| Problem requirements |
Please copy out the entries below exactly, beginning with the line that contains "abbrev pub Keeps : Part n pb → Type 0" and ending with the line that contains "Keeps-on_session which f", and include nothing outside that span.

Data supplied: Begin

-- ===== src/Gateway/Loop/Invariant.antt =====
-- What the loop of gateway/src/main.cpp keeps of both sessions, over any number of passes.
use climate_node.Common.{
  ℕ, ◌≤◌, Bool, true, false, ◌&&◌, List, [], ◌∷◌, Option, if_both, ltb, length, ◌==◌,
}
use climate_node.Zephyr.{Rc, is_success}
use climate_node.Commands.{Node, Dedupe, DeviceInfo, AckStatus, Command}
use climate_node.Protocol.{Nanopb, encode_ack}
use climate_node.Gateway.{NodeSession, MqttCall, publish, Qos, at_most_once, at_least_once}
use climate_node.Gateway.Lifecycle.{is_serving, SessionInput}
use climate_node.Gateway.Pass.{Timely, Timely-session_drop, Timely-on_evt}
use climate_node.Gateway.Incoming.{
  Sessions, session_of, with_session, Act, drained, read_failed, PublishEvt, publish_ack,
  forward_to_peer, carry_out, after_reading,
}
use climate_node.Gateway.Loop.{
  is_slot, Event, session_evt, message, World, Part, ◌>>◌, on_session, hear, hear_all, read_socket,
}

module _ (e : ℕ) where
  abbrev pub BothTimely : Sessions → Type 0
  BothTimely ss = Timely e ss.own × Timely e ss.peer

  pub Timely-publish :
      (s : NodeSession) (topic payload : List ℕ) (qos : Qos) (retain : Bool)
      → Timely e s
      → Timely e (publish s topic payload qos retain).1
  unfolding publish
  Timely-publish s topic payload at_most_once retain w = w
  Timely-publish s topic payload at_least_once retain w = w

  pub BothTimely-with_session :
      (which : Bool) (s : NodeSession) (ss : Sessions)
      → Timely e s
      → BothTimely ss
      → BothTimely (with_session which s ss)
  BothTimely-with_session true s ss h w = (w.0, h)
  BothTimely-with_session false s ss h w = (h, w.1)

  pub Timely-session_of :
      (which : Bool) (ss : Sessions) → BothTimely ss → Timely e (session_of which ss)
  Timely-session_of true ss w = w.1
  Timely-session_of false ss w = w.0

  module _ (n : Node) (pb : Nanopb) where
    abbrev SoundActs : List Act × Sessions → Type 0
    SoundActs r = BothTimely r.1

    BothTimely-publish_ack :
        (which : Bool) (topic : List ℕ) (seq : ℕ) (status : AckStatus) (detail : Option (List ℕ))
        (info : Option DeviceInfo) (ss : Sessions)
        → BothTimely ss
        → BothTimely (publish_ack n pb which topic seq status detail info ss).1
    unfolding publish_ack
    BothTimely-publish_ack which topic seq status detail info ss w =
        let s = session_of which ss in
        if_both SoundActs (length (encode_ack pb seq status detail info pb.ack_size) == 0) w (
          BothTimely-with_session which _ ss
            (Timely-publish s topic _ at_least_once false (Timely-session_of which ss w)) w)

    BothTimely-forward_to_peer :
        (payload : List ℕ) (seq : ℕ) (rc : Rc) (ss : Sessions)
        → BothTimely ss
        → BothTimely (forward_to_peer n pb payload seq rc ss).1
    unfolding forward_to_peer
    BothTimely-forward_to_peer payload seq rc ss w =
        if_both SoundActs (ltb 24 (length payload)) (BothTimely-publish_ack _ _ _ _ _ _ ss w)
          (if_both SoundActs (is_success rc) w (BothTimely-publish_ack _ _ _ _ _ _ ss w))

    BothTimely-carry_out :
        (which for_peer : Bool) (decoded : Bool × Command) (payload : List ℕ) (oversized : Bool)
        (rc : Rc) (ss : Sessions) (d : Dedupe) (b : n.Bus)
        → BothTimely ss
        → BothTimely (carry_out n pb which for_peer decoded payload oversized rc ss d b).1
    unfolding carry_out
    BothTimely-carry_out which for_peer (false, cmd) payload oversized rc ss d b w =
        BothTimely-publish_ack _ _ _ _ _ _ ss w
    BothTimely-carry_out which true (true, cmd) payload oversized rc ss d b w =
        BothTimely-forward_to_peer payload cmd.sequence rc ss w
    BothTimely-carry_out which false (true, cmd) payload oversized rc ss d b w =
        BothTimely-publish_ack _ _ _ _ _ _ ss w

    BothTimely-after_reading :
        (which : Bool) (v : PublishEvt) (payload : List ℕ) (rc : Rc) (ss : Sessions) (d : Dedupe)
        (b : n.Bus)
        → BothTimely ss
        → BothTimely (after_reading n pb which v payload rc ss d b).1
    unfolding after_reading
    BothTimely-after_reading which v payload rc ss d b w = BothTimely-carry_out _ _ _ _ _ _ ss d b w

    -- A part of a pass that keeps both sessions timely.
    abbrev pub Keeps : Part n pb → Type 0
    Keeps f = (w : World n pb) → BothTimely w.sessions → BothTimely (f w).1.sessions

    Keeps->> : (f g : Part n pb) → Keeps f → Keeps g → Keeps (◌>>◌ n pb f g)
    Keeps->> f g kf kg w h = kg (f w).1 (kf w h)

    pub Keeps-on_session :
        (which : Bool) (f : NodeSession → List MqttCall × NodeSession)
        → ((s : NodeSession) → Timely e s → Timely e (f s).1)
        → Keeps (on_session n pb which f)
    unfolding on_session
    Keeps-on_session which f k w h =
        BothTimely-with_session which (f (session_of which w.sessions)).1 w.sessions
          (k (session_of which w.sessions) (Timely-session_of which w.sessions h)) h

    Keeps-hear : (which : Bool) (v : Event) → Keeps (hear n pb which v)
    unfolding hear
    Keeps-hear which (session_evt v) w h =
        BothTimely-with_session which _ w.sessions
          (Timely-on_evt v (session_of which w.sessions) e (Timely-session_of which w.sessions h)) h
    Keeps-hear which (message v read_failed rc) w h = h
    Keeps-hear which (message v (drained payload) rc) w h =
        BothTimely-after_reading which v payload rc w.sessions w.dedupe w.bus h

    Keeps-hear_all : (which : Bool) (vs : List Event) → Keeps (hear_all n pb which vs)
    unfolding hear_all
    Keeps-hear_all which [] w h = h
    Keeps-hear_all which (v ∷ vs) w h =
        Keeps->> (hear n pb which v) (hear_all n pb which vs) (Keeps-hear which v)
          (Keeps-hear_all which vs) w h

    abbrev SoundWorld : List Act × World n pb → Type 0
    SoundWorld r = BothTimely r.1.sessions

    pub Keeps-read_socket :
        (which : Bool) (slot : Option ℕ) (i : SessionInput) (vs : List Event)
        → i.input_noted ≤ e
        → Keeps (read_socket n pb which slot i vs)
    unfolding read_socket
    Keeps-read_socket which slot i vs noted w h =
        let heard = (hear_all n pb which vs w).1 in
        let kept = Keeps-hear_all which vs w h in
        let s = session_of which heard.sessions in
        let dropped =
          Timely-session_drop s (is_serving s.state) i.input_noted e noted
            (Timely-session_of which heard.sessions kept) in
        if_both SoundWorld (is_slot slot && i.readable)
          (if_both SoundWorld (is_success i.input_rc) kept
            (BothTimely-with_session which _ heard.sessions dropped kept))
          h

Data supplied: End

| Task response |
    abbrev pub Keeps : Part n pb → Type 0
    Keeps f = (w : World n pb) → BothTimely w.sessions → BothTimely (f w).1.sessions

    Keeps->> : (f g : Part n pb) → Keeps f → Keeps g → Keeps (◌>>◌ n pb f g)
    Keeps->> f g kf kg w h = kg (f w).1 (kf w h)

    pub Keeps-on_session :
        (which : Bool) (f : NodeSession → List MqttCall × NodeSession)
        → ((s : NodeSession) → Timely e s → Timely e (f s).1)
        → Keeps (on_session n pb which f)
    unfolding on_session
    Keeps-on_session which f k w h =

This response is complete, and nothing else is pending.